All photographs are mine and were taken with permission on 20 February 2020.
Three years ago this week, for one week only and for the first time in over four centuries, all of the surviving tapestries designed by Raphael were hung in the Sistine Chapel for which they were planned. An extraordinary occasion which was intended to open the year of exhibitions which were to commemorate the five hundredth year since Raphael’s death.
The rehanging of the Sistine tapestries commissioned by Leo X of the Medici family wasn’t publicised far in advance, and the decision to do it in February was to ensure smaller crowds to minimise the risk of damage to the vulnerable tapestries.

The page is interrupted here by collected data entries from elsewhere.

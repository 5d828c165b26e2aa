-- ===== src/Prices/Latest.antt =====
-- An update of prices keeps the latest price of each symbol.
use identity_wallet.Common.{
  ℕ, suc, ◌+◌, ◌≡◌, refl, sym, ap, ◌∙◌, Option, none, some, List, [], ◌∷◌, ◌++◌, if◌then◌else◌,
  ◌==◌, Bool, find, nat_eq, option_eq, arith, contains, not, eq_refl, is_some, subst,
}
use identity_wallet.Common.Collection.Laws.{Distinct}
use identity_wallet.Schema.Text.{Text, text_eq}
use identity_wallet.Prices.{
  Price, State, Action, last_index_of, filter_at, symbols, update_price, prices_reducer,
  get_by_symbol,
}

last_index_of-suc :
    (y x : Text) (ys : List Text) (i : ℕ)
    → (last_index_of (y ∷ ys) x == some (suc i)) ≡ (last_index_of ys x == some i)
unfolding last_index_of
last_index_of-suc y x ys i = ground arith

last_index_of-none :
    (x : Text) (ys : List Text) → (last_index_of ys x == none) ≡ not (contains ys x)
unfolding last_index_of
last_index_of-none x [] = eq_refl {A = Option ℕ} none
last_index_of-none x (y ∷ ys) = ground (arith, last_index_of-none x ys)

last_index_of-zero :
    (y : Text) (ys : List Text) → (last_index_of (y ∷ ys) y == some 0) ≡ not (contains ys y)
unfolding last_index_of
last_index_of-zero y ys = ground (arith, last_index_of-none y ys)

module _ {N : Type 0} where
  -- The last price of a symbol.
  unfoldable pub find_last : List (Price N) → Text → Option (Price N)
  find_last [] symbol = none
  find_last (p ∷ ps) symbol = elim (find_last ps symbol) [
    | some q ↦ some q
    | none ↦ if p.symbol == symbol then some p else none
  ]

  -- The prices that no later one replaces.
  unfoldable keep_last : List (Price N) → List (Price N)
  keep_last [] = []
  keep_last (p ∷ ps) =
      let rest = keep_last ps in if contains (symbols ps) p.symbol then rest else p ∷ rest

  filter_at-keep_last :
      (p : Price N → ℕ → Bool) (pos : ℕ) (ps : List (Price N))
      → ((v : Price N) (i : ℕ) → p v (pos + i) ≡ (last_index_of (symbols ps) v.symbol == some i))
      → filter_at p pos ps ≡ keep_last ps
  unfolding filter_at keep_last
  filter_at-keep_last p pos [] h = refl
  filter_at-keep_last p pos (x ∷ ps) h =
      let here : p x pos ≡ not (contains (symbols ps) x.symbol) =
        ap (p x) (omega arith) ∙ h x 0 ∙ last_index_of-zero x.symbol (symbols ps) in
      let later = filter_at-keep_last p (suc pos) ps (λ v i.
        ap (p v) (omega arith)
        ∙ h v (suc i)
        ∙ last_index_of-suc x.symbol v.symbol (symbols ps) i) in
      grind (arith, here, later)

  is_some-find_last :
      (ps : List (Price N)) (symbol : Text)
      → is_some (find_last ps symbol) ≡ contains (symbols ps) symbol
  unfolding find_last
  is_some-find_last [] symbol = refl
  is_some-find_last (p ∷ ps) symbol = ground (arith, is_some-find_last ps symbol)

  find-keep_last :
      (ps : List (Price N)) (symbol : Text)
      → find (λ p. p.symbol == symbol) (keep_last ps) ≡ find_last ps symbol
  unfolding find_last keep_last
  find-keep_last [] symbol = refl
  find-keep_last (p ∷ ps) symbol =
      ground (arith, find-keep_last ps symbol, is_some-find_last ps symbol)

  contains-keep_last :
      (ps : List (Price N)) (symbol : Text)
      → contains (symbols (keep_last ps)) symbol ≡ contains (symbols ps) symbol
  unfolding keep_last
  contains-keep_last [] symbol = refl
  contains-keep_last (p ∷ ps) symbol = ground (arith, contains-keep_last ps symbol)

  keep_last-Distinct : (ps : List (Price N)) → Distinct (symbols (keep_last ps))
  unfolding keep_last
  keep_last-Distinct [] = tt
  keep_last-Distinct (p ∷ ps) =
      ground (arith, contains-keep_last ps p.symbol, keep_last-Distinct ps)

  find_last-append :
      (old new : List (Price N)) (symbol : Text)
      → find_last (old ++ new) symbol
        ≡ elim (find_last new symbol) [ some p ↦ some p | none ↦ find_last old symbol ]
  unfolding find_last
  find_last-append [] new symbol = ground arith
  find_last-append (p ∷ old) new symbol = ground (arith, find_last-append old new symbol)

  update_price-keep_last :
      (old new : List (Price N)) → update_price old (some new) ≡ keep_last (old ++ new)
  unfolding update_price
  update_price-keep_last old new =
      filter_at-keep_last
        (λ value pos. last_index_of (symbols (old ++ new)) value.symbol == some pos) 0 (old ++ new)
        (λ v i. ap (λ n. last_index_of (symbols (old ++ new)) v.symbol == some n) (omega arith))

  -- After an update with a list of prices, the price that a symbol has is the last one for it in
  -- that list, and the last of the prices before for a symbol that is not in the list.
  pub prices_reducer-latest :
      (s : State N) (new : List (Price N)) (symbol : Text)
      → get_by_symbol (prices_reducer s (Action.prices_update (some new))) symbol
        ≡ elim (find_last new symbol) [ some p ↦ some p | none ↦ find_last s.prices symbol ]
  unfolding prices_reducer get_by_symbol
  prices_reducer-latest s new symbol =
      rw (update_price-keep_last s.prices new, find-keep_last (s.prices ++ new) symbol)
        (find_last-append s.prices new symbol)

  -- After any update no symbol has two prices.
  pub prices_reducer-Distinct :
      (s : State N) (a : Action N) → Distinct (symbols (prices_reducer s a).prices)
  unfolding prices_reducer update_price
  prices_reducer-Distinct s (Action.prices_update none) = tt
  prices_reducer-Distinct s (Action.prices_update (some new)) =
      subst (λ ps. Distinct (symbols ps)) (sym (update_price-keep_last s.prices new))
        (keep_last-Distinct (s.prices ++ new))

I visited a few times that week, not with clients who were already very understandably (and it transpired wisely) cancelling trips amid growing uncertainty over the sporadic news of a respiratory virus emerging from China, but with friends. All of us were eager to take advantage of this once-in-many-many-lifetimes occasion. Of these visits the most notable was an invitation I received from Jill Alexy to join her small group on an after-hours visit.
The tapestries were woven to designs commissioned from Raphael by Pope Leo X a year or two after his accession to the throne of St Peter in 1513. They were intended to complete (and compete with) the ceiling painted by Michelangelo in the Cappella Magna for Leo’s predecessor and nemesis Julius II.

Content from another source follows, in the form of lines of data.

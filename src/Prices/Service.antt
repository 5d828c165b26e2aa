-- ===== src/Prices/Service.antt =====
-- src/main/token/price-service.js, over an interface to the remote service and the tables. The number of
-- a value, and the quotient of two numbers, are arguments.
mod Tests
use identity_wallet.Common.{
  ℕ, Bool, true, false, ◌&&◌, not, Option, none, some, List, [], ◌∷◌, ◌++◌, map, filter,
  if◌then◌else◌, ◌==◌, ◌≡◌, refl, is_some, length, arith, Result, ok, throw, Exception, type_error,
}
use identity_wallet.Common.Dict.{Dict, lookup, insert}
use identity_wallet.Schema.Text.{Text, codes, text_eq}
use identity_wallet.Schema.Value.{
  Value, undefined, num, str, Fields, end, field, get, put, strict_eq, to_text,
}
use identity_wallet.Staking.Chain.{Run, pure, fail, ◌>>=◌}

pub record Services (W : Type 0) : Type 0 where
  pub fetch_front : Run W (List Fields)
  pub find_all : Run W (List Fields)
  pub find_by_symbol : Value → Run W (Option Fields)
  pub bulk_add : List Fields → Run W (Unit {0})
  pub bulk_edit : List Fields → Run W (Unit {0})
  pub find_token : Value → Run W (List Fields)
  pub find_wallet_token : Value → Run W (List Fields)
  pub to_number : Value → Value
  pub over : Value → Value → Value

-- `existing` is read by symbols. What was emitted is in front, the last first.
pub record World (W : Type 0) : Type 0 where
  pub services : W
  pub connected : Bool
  pub existing : Dict Text Fields
  pub updated_prices : List (Option Fields)
  pub broadcast_timeout : Bool
  pub emitted : List (List (Option Fields))

abbrev short : Fields → Value
short row = get (codes "short") row

-- `+data.find(row => row.short === symbol).price`
unfoldable pub price_for : (Value → Value) → Text → List Fields → Result Value
unfolding strict_eq
price_for to_number s [] = throw type_error
price_for to_number s (row ∷ rows) =
    let rest = price_for to_number s rows in
    if strict_eq (short row) (str s) then ok (to_number (get (codes "price") row)) else rest

unfoldable pub index_rows : Dict Text Fields → List Fields → Dict Text Fields
unfolding insert
index_rows d [] = d
index_rows d (row ∷ rows) = index_rows (insert (to_text (get (codes "symbol") row)) row d) rows

-- `Object.assign(row, { id })`, of the row itself, if there is one with its symbol.
unfoldable pub with_id : Dict Text Fields → Fields → Fields
unfolding lookup
with_id d row = elim (lookup (to_text (get (codes "symbol") row)) d) [
  | none ↦ row
  | some old ↦ put (codes "id") (get (codes "id") old) row
]

unfoldable pub is_known : Dict Text Fields → Fields → Bool
unfolding lookup
is_known d row = is_some (lookup (to_text (get (codes "symbol") row)) d)

abbrev or_throw : Option Fields → Result Fields
or_throw none = throw type_error
or_throw (some o) = ok o

module _ {W : Type 0} (services : Services W) where
  open services use {to_number, over}

  abbrev on_services : {A : Type 0} → Result A × W → World W → Result A × World W
  on_services (r, d) w = (r, record w { services = d })

  abbrev calling : {A : Type 0} → Run W A → Run (World W) A
  calling m w = on_services (m w.services) w

  abbrev settled : {A : Type 0} → Result A → Run (World W) A
  settled r w = (r, w)

  unfoldable pub new_row : Value → Value → Fields → Fields
  new_row btc eth row =
      let usd = to_number (get (codes "price") row) in
      field (codes "name") (get (codes "long") row) (
        field (codes "symbol") (short row) (
          field (codes "source") (str (codes "https://coincap.io")) (
            field (codes "priceUSD") usd (
              field (codes "priceBTC") (over usd btc)
                (field (codes "priceETH") (over usd eth) end)))))

  -- The rows that are new, and those that are known with their ids; both are emitted.
  unfoldable pub store_prices : List Fields → Run (World W) (Unit {0})
  unfolding price_for new_row index_rows is_known with_id
  store_prices rows = do
    btc ← settled (price_for to_number (codes "BTC") rows)
    eth ← settled (price_for to_number (codes "ETH") rows)
    let fresh = map (new_row btc eth) rows
    old ← calling services.find_all
    let known = index_rows [] old
    kept ← (λ w. (ok tt, record w { existing = known }))
    added ← calling (services.bulk_add (filter (λ row. not (is_known known row)) fresh))
    edited ← calling (services.bulk_edit (map (with_id known) (filter (is_known known) fresh)))
    (λ w. (ok tt, record w { emitted = map (λ row. some (with_id known row)) fresh ∷ w.emitted }))

  abbrev unless_empty : List Fields → Run (World W) (Unit {0})
  unfolding store_prices
  unless_empty [] = pure tt
  unless_empty (row ∷ rows) = store_prices (row ∷ rows)

  unfoldable pub load_price_data : Run (World W) (Unit {0})
  unfolding store_prices unless_empty
  load_price_data = do rows ← calling services.fetch_front; unless_empty rows

  -- A token that the application knows, and that some wallet has; Ether is always followed.
  abbrev is_held : List Fields → Run (World W) Bool
  is_held [] = pure false
  is_held (token ∷ tokens) = do
    held ← calling (services.find_wallet_token (get (codes "id") token))
    pure (elim held [ [] ↦ false | t ∷ ts ↦ true ])

  unfoldable pub is_followed : Value → Run (World W) Bool
  unfolding strict_eq
  is_followed v =
      if strict_eq v (str (codes "ETH"))
      then pure true
      else (do found ← calling (services.find_token v); is_held found)

  -- A row of prices has no field `price`, so any price but a missing one is a new one.
  unfoldable pub update_from_trade : Value → Fields → Fields → Run (World W) (Unit {0})
  update_from_trade now trade old = do
    btc ← calling (services.find_by_symbol (str (codes "BTC")))
    eth ← calling (services.find_by_symbol (str (codes "ETC")))
    btc_row ← settled (or_throw btc)
    let usd = to_number (get (codes "price") trade)
    eth_row ← settled (or_throw eth)
    let row = field (codes "id") (get (codes "id") old) (
        field (codes "name") (get (codes "long") trade) (
          field (codes "symbol") (short trade) (
            field (codes "source") (str (codes "https://coincap.io")) (
              field (codes "priceUSD") usd (
                field (codes "priceBTC") (over usd (get (codes "price") btc_row)) (
                  field (codes "priceETH") (over usd (get (codes "price") eth_row))
                    (field (codes "updatedAt") now end)))))))
    edited ← calling (services.bulk_edit (row ∷ []))
    updated ← calling (services.find_by_symbol (short trade))
    (λ w. (ok tt, record w { updated_prices = w.updated_prices ++ updated ∷ [] }))

  abbrev trade_known : Value → Fields → Bool → Option Fields → Run (World W) (Unit {0})
  unfolding update_from_trade strict_eq
  trade_known now trade false old = pure tt
  trade_known now trade true none = pure tt
  trade_known now trade true (some old) =
      if strict_eq (get (codes "price") old) (get (codes "price") trade)
      then pure tt
      else update_from_trade now trade old

  unfoldable pub on_trade : Value → Fields → Run (World W) (Unit {0})
  unfolding is_followed update_from_trade trade_known lookup
  on_trade now trade = do
    followed ← is_followed (short trade)
    existing ← (λ w. (ok w.existing, w))
    trade_known now trade followed (lookup (to_text (short trade)) existing)

  -- The timeout before is cleared, and a new one is set.
  unfoldable pub start_price_broadcast : World W → World W
  start_price_broadcast w = record w {
    emitted = elim w.updated_prices [ [] ↦ w.emitted | p ∷ ps ↦ (p ∷ ps) ∷ w.emitted ];
    updated_prices = [];
    broadcast_timeout = true;
  }

  unfoldable pub start_update_data : Run (World W) (Unit {0})
  unfolding load_price_data start_price_broadcast
  start_update_data = do
    loaded ← load_price_data
    (λ w. (ok tt, start_price_broadcast (record w { connected = true })))

  unfoldable pub destroy : World W → World W
  destroy w = if w.connected then record w { broadcast_timeout = false } else w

The ceiling had been completed seven months before the death of Pope Julius, itself an addition to the wall decorations of Perugino, Botticelli and company which had been commissioned by the chapel’s builder, Julius’ uncle, Pope Sixtus IV. If Sixtus’ and Julius’ decorations sought to emphasise the fortunes of their family, the della Rovere (two popes in twenty years was, after all, a pretty impressive achievement), then Leo’s completion of the decorations was a dramatic exercise in Medici bling.

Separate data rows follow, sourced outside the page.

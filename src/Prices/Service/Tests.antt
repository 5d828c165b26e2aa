-- ===== src/Prices/Service/Tests.antt =====
-- A run of the service of prices: one token is known, another is new, and a trade is priced.
use identity_wallet.Common.{ℕ, false, some, List, [], ◌∷◌, ◌≡◌, refl, ok}
use identity_wallet.Common.Dict.{lookup, insert}
use identity_wallet.Schema.Text.{Text, codes, text_eq}
use identity_wallet.Schema.Value.{Value, num, str, Fields, end, field, get, put, strict_eq, to_text}
use identity_wallet.Staking.Chain.{pure}
use identity_wallet.Prices.Service.{Services, World, load_price_data, on_trade}

abbrev offered : Text → ℕ → Fields
offered s n = field (codes "short") (str s) (field (codes "price") (num n) end)

abbrev priced : Text → ℕ → Fields
priced s n =
    field (codes "id") (num 1)
      (field (codes "symbol") (str s) (field (codes "priceUSD") (num n) end))

-- The world is the rows that were added and edited, and the symbols that were asked for.
abbrev Log : Type 0
Log = List Value

abbrev symbols_of : List Fields → Log → Log
symbols_of [] log = log
symbols_of (row ∷ rows) log = symbols_of rows (get (codes "symbol") row ∷ log)

abbrev services : Services Log
services = record {
  fetch_front = pure (offered (codes "BTC") 4000 ∷ offered (codes "ETH") 100 ∷ []);
  find_all = pure (priced (codes "ETH") 90 ∷ []);
  find_by_symbol = λ v log. (ok (some (priced (codes "ETC") 5)), v ∷ log);
  bulk_add = λ rows log. (ok tt, str (codes "add") ∷ symbols_of rows log);
  bulk_edit = λ rows log. (ok tt, str (codes "edit") ∷ symbols_of rows log);
  find_token = λ v. pure [];
  find_wallet_token = λ v. pure [];
  to_number = λ v. v;
  over = λ a b. b;
}

abbrev world : World Log
world = record {
  services = [];
  connected = false;
  existing = [];
  updated_prices = [];
  broadcast_timeout = false;
  emitted = [];
}

abbrev loaded : World Log
loaded = (load_price_data services world).1

load_price_data_test :
    loaded.services
    ≡ str (codes "edit") ∷ str (codes "ETH") ∷ str (codes "add") ∷ str (codes "BTC") ∷ []
unfolding load_price_data get put text_eq strict_eq to_text lookup insert
load_price_data_test = refl

-- The price in Ether is asked for by the symbol of Ether Classic.
on_trade_test :
    (on_trade services (num 0) (offered (codes "ETH") 110) loaded).1.services
    ≡ str (codes "ETH")
      ∷ str (codes "edit")
      ∷ str (codes "ETH")
      ∷ str (codes "ETC")
      ∷ str (codes "BTC")
      ∷ loaded.services
unfolding load_price_data on_trade get put text_eq strict_eq to_text lookup insert
on_trade_test = refl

The Medici crest is ubiquitous, hammering home the point. Incidental decorations such as the priapic fauns below are indicative of exactly the sort of thing that was making Martin Luther, beginning the Reformation as the tapestries were being woven, so very cross. And Luther knew nothing of the Bacchanalian motifs planned for the Pope’s private chapel, can you imagine what he’d have made of those?
The tapestries were woven following Raphael’s designs at the workshop of Pieter van Aelst in Brussels. Tapestry was a medium then flourishing in northern Europe. In the first instance tapestries offered protection against chill winds gusting through poorly insulated castles, and northern Europe is extremely draughty. Leo X was little concerned with insulation, his tapestries were to be woven with the finest wool and silks dyed with vibrant pigments, and with threads spun from silver and gold. Unlike fresco (and like the glittering gold of mosaic), tapestries were of significant intrinsic value. We can consider that of the three thousand ducats Michelangelo received as the total budget for the ceiling of the chapel, he spent only twenty-five on pigments while each of the tapestries commissioned (there were possibly originally sixteen) are described as costing two thousand ducats.
Sadly Raphael never saw the tapestries hung in the chapel, he died the year before their completion and delivery to Rome. Today ten tapestries telling stories of the lives of Saints Peter and Paul survive, their exact original locations uncertain. The others have fallen victim to the vicissitudes of time. Some were burned to retrieve their precious metal content during the Sack of Rome, only six years after their completion.
On that curious week in 2020, impending instability in the air, the tapestries glittered, entirely changing the space of the chapel which I have visited thousands of times in the past twenty and more years. The museum guard who accompanied us is my near contemporary, part of a cohort of new recruits who began work about the time I first started giving tours in 2001. As we walked in he stopped dead. Mi viene la pelle d’oca, it gives me goosebumps, he said. For the first time in twenty years of nods and buongiornos I saw a Vatican guard dazzled. And it was dazzling, gleaming and glorious for one week only.
Where to see the Raphel tapestries:
After their return to the Chapel the tapestries were returned to the Pinacoteca Vaticana three hundred metres away where in the interim a new lighting system had been installed. They look splendid there too, and I highly recommend a visit if going to the Vatican Museums.
Raphael’s “cartoons”, the preparatory paintings from which the tapestries were woven are part of the Royal Collection and are on permanent loan to the Victoria & Albert Museum in London.
I am so happy that 1) you and I got to see these that strange February and 2) you went back and got to take pictures!
My strongest memory is how the room smelled and sounded so different with all of that gilded wool.
My main man Raphael! Love these photos, especially the final one with the guard - perfection.